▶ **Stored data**
---

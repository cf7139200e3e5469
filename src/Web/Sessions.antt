-- ===== src/Web/Sessions.antt =====
-- Who is let in, for how long, and as what.
use phantasm.Base.{
  List, [], ◌∷◌, ◌++◌, length, ℕ, ◌+◌, ◌*◌, ◌≡◌, ◌⊎◌, inl, inr, ap, ◌∙◌, String, Bool, true, false,
  ◌&&◌, Option-cases, Bool-cases, none, some, str_eq, ltb, leb, arith, eq_refl, eq_iff,
}
use phantasm.Base.Dict.{Dict, lookup, insert, lookup-insert, lookup-erase}
use phantasm.Base.Except.{Result, ok, err}
use phantasm.Web.{
  in_window, or_empty, bucket_key, rate_limit_max, second, Request, UiSession, Web, Config,
  Exception, http_exception, client_id, enforce_rate_limit, ui_unlock_required, ui_unlocked,
  ui_session_role, restricted_session_valid, create_ui_session, TokenService, Unlocking,
  unavailable, rejected, unlocked, granted_role, unlock_submit, lock_session,
}

-- A session on the word of the access token service, for the client of the request
abbrev pub session_of : Config → ℕ → Request → String → UiSession
session_of config now r role = record {
  client_id = client_id r;
  expires_at = now + config.ui_session_ttl_seconds * second;
  role = role;
}

-- Is the answer a session?
abbrev pub is_session : Result Exception Unlocking → Bool
is_session (ok (unlocked s)) = true
is_session (ok unavailable) = false
is_session (ok rejected) = false
is_session (err e) = false

abbrev limited : Dict (List ℕ) → Web → Web
limited buckets web = record web { rate_limit = buckets }

enforce-cases :
    (now : ℕ) (r : Request) (web : Web)
    → (enforce_rate_limit now r web ≡ (err (http_exception 429), web))
      ⊎ ((buckets : Dict (List ℕ)) × (enforce_rate_limit now r web ≡ (ok tt, limited buckets web)))
unfolding enforce_rate_limit
enforce-cases now r web =
    let kept = in_window now (or_empty (lookup (bucket_key r) web.rate_limit)) in
    elim (Bool-cases (leb rate_limit_max (length kept))) [
      | inl full ↦ inl (ground (arith, full))
      | inr space ↦
          inr (insert (bucket_key r) (kept ++ (now ∷ [])) web.rate_limit, ground (arith, space))
    ]

module _ (config : Config) (service : TokenService) (web_token : String) (t₁ t₂ t₃ t₄ : ℕ)
    (fresh : String) (r : Request) (token : String) where
  without_role :
      (web : Web)
      → granted_role service web_token token ≡ none
      → let after = unlock_submit config service web_token t₁ t₂ t₃ t₄ fresh r token web in
        (after.1.ui_sessions ≡ web.ui_sessions) × (is_session after.0 ≡ false)
  unfolding unlock_submit
  without_role web none_granted = elim (enforce-cases t₁ r web) [
    | inl full ↦ ground (arith, full)
    | inr (buckets, passed) ↦ ground (arith, passed, none_granted)
  ]

  with_role :
      (web : Web) (role : String)
      → granted_role service web_token token ≡ some role
      → let after = unlock_submit config service web_token t₁ t₂ t₃ t₄ fresh r token web in
        (after.1.ui_sessions ≡ web.ui_sessions)
        ⊎ ((after.0 ≡ ok (unlocked fresh))
            × (after.1.ui_sessions ≡ insert fresh (session_of config t₄ r role) web.ui_sessions))
  unfolding unlock_submit create_ui_session
  with_role web role granted = elim (enforce-cases t₁ r web) [
    | inl full ↦ ground (arith, full)
    | inr (buckets, passed) ↦ ground (arith, passed, granted)
  ]

-- `/unlock` changes no session but the one it makes, and it makes one only for a token that has a
-- role: what a session's token finds afterwards is what it found before, or it is the fresh token,
-- the access token service gave the role or the shared token did while no role token was issued,
-- and the session is bound to the client and ends after the configured time.
pub unlock_submit_sessions :
    (config : Config) (service : TokenService) (web_token : String) (t₁ t₂ t₃ t₄ : ℕ)
    (fresh : String) (r : Request) (token k : String) (web : Web)
    → let after = unlock_submit config service web_token t₁ t₂ t₃ t₄ fresh r token web in
      (lookup k after.1.ui_sessions ≡ lookup k web.ui_sessions)
      ⊎ ((k ≡ fresh)
          × (after.0 ≡ ok (unlocked fresh))
          × ((role : String) × (granted_role service web_token token ≡ some role)
              × (lookup k after.1.ui_sessions ≡ some (session_of config t₄ r role))))
unlock_submit_sessions config service web_token t₁ t₂ t₃ t₄ fresh r token k web =
    elim (Option-cases (granted_role service web_token token)) [
      | inl none_granted ↦ inl (
          ap (lookup k)
            (without_role config service web_token t₁ t₂ t₃ t₄ fresh r token web none_granted).0)
      | inr (role, granted) ↦
          elim (with_role config service web_token t₁ t₂ t₃ t₄ fresh r token web role granted) [
            | inl same ↦ inl (ap (lookup k) same)
            | inr (opened, sessions) ↦ elim (Bool-cases (str_eq fresh k)) [
              | inl is_fresh ↦ inr (
                ground (arith, is_fresh, eq_iff fresh k),
                opened,
                (
                  role,
                  granted,
                  ap (lookup k) sessions
                      ∙ ground (
                        arith,
                        is_fresh,
                        lookup-insert fresh k (session_of config t₄ r role) web.ui_sessions,
                      ),
                ),
              )
              | inr is_other ↦ inl (
                  ap (lookup k) sessions
                  ∙ ground (
                    arith,
                    is_other,
                    lookup-insert fresh k (session_of config t₄ r role) web.ui_sessions,
                  ))
            ]
          ]
    ]

-- Once a role token is issued, the shared token opens no session: if the service does not know the
-- token, no session is changed, whatever the token is, and the answer is not a session.
pub shared_token_spent :
    (config : Config) (service : TokenService) (web_token : String) (t₁ t₂ t₃ t₄ : ℕ)
    (fresh : String) (r : Request) (token : String) (web : Web)
    → service.issued_roles ≡ true
    → service.verify token ≡ none
    → let after = unlock_submit config service web_token t₁ t₂ t₃ t₄ fresh r token web in
      (after.1.ui_sessions ≡ web.ui_sessions) × (is_session after.0 ≡ false)
shared_token_spent config service web_token t₁ t₂ t₃ t₄ fresh r token web issued unknown =
    without_role config service web_token t₁ t₂ t₃ t₄ fresh r token web
      (ground (arith, issued, unknown))

-- A remote request that carries the token of a session is let in exactly if it comes from the
-- session's client and the session is not over.
pub ui_unlocked_iff :
    (now : ℕ) (r : Request) (session : UiSession) (web : Web)
    → ui_unlock_required r ≡ true
    → str_eq r.ui_session_token "" ≡ false
    → lookup r.ui_session_token web.ui_sessions ≡ some session
    → (ui_unlocked now r web).0
      ≡ (str_eq session.client_id (client_id r) && ltb now session.expires_at)
unfolding ui_unlocked
ui_unlocked_iff now r session web remote cookie found = ground (arith, remote, cookie, found)

-- After `/lock`, if the rate limit let it through, a remote request with the same tokens is not let
-- in at any time, has the role of the smaller surface, and has no restricted confirmation.
pub lock_session_locks :
    (t now : ℕ) (r : Request) (web : Web)
    → ui_unlock_required r ≡ true
    → (lock_session t r web).0 ≡ ok tt
    → ((ui_unlocked now r (lock_session t r web).1).0 ≡ false)
      × (ui_session_role r (lock_session t r web).1 ≡ "recover")
      × ((restricted_session_valid now r (lock_session t r web).1).0 ≡ false)
unfolding lock_session ui_unlocked ui_session_role restricted_session_valid
lock_session_locks t now r web remote done = elim (enforce-cases t r web) [
  | inl full ↦ ground (arith, full, done)
  | inr (buckets, passed) ↦ ground (
    arith,
    passed,
    remote,
    lookup-erase r.ui_session_token r.ui_session_token web.ui_sessions,
    lookup-erase r.restricted_session_token r.restricted_session_token web.restricted_sessions,
    eq_refl r.ui_session_token,
    eq_refl r.restricted_session_token,
  )
]
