-- ===== src/Gateway/Query.antt =====
-- What a query is: observe-gateway/internal/query/types.go, and the cache and the audit log of
-- observe-gateway/internal/cache and internal/audit. A time is a number of nanoseconds, and the zero
-- time is none.
pub mod Template
pub mod Key
pub mod Owner
pub mod Handler
use x_scope_hub_svc_plus.Prelude.{
  ℕ, Bool, true, false, ◌&&◌, Option, none, some, List, [], ◌∷◌, ◌++◌, leb, if◌then◌else◌,
}
use x_scope_hub_svc_plus.Prelude.Text.{Text, text_eq}

pub record Request : Type 0 where
  pub lang : Text
  pub query : Text
  pub template : Text
  pub variables : List (Text × Text)  -- the map, in the order in which a loop meets its keys
  pub start : Option ℕ
  pub end : Option ℕ
  pub step : Text
  pub normalize : Bool

pub record Stats : Type 0 where
  pub backend : Text
  pub cached : Bool
  pub duration_ms : ℕ
  pub cost : ℕ

pub record Response (Payload : Type 0) : Type 0 where
  pub lang : Text
  pub tenant : Text
  pub result : Payload
  pub stats : Stats

abbrev is_some : Option ℕ → Bool
is_some none = false
is_some (some t) = true

-- !r.Start.IsZero() && !r.End.IsZero()
unfoldable pub has_time_range : Request → Bool
has_time_range r = is_some r.start && is_some r.end

-- r.Start.After(r.End), where both are set
unfoldable pub starts_late : Request → Bool
starts_late r = elim r.start [
  | none ↦ false
  | some a ↦ elim r.end [ none ↦ false | some b ↦ if leb a b then false else true ]
]

-- A record of the audit log.
pub record Entry : Type 0 where
  pub tenant : Text
  pub user : Text
  pub lang : Text
  pub query : Text
  pub cost : ℕ
  pub duration : ℕ
  pub cached : Bool
  pub backend : Text
  pub error : Text

-- Logger.Log, where what is written is a list.
unfoldable pub log : Bool → Entry → List Entry → List Entry
log enabled entry entries = if enabled then entry ∷ entries else entries

-- The cache: its store is ristretto's, which may drop what is set and forget what it holds.
pub record Cache (Payload : Type 0) : Type 0 where
  pub enabled : Bool
  pub store : List (Text × Payload)

module _ {Payload : Type 0} where
  unfoldable pub find : Text → List (Text × Payload) → Option Payload
  find key [] = none
  find key ((k, v) ∷ store) = if text_eq k key then some v else find key store

  -- Cache.Get; `held` says whether the store still holds what was set.
  unfoldable pub get : Bool → Text → Cache Payload → Option Payload
  unfolding find
  get held key c = if c.enabled && held then find key c.store else none

  -- Cache.Set; `accepts` says whether the store takes the entry. The cost of an entry, its length,
  -- only steers what the store forgets.
  unfoldable pub set : Bool → Text → Payload → Cache Payload → Cache Payload
  set accepts key val c =
      if c.enabled && accepts then record c { store = (key, val) ∷ c.store } else c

---

▶ **Task description**
All lines above between those holding "pub record Response" and "has_time_range r = is_some", inclusive, must be set down unchanged, and no other line may be included.

▶ **Task result**
pub record Response (Payload : Type 0) : Type 0 where
  pub lang : Text
  pub tenant : Text
  pub result : Payload
  pub stats : Stats

abbrev is_some : Option ℕ → Bool
is_some none = false
is_some (some t) = true

-- !r.Start.IsZero() && !r.End.IsZero()
unfoldable pub has_time_range : Request → Bool
has_time_range r = is_some r.start && is_some r.end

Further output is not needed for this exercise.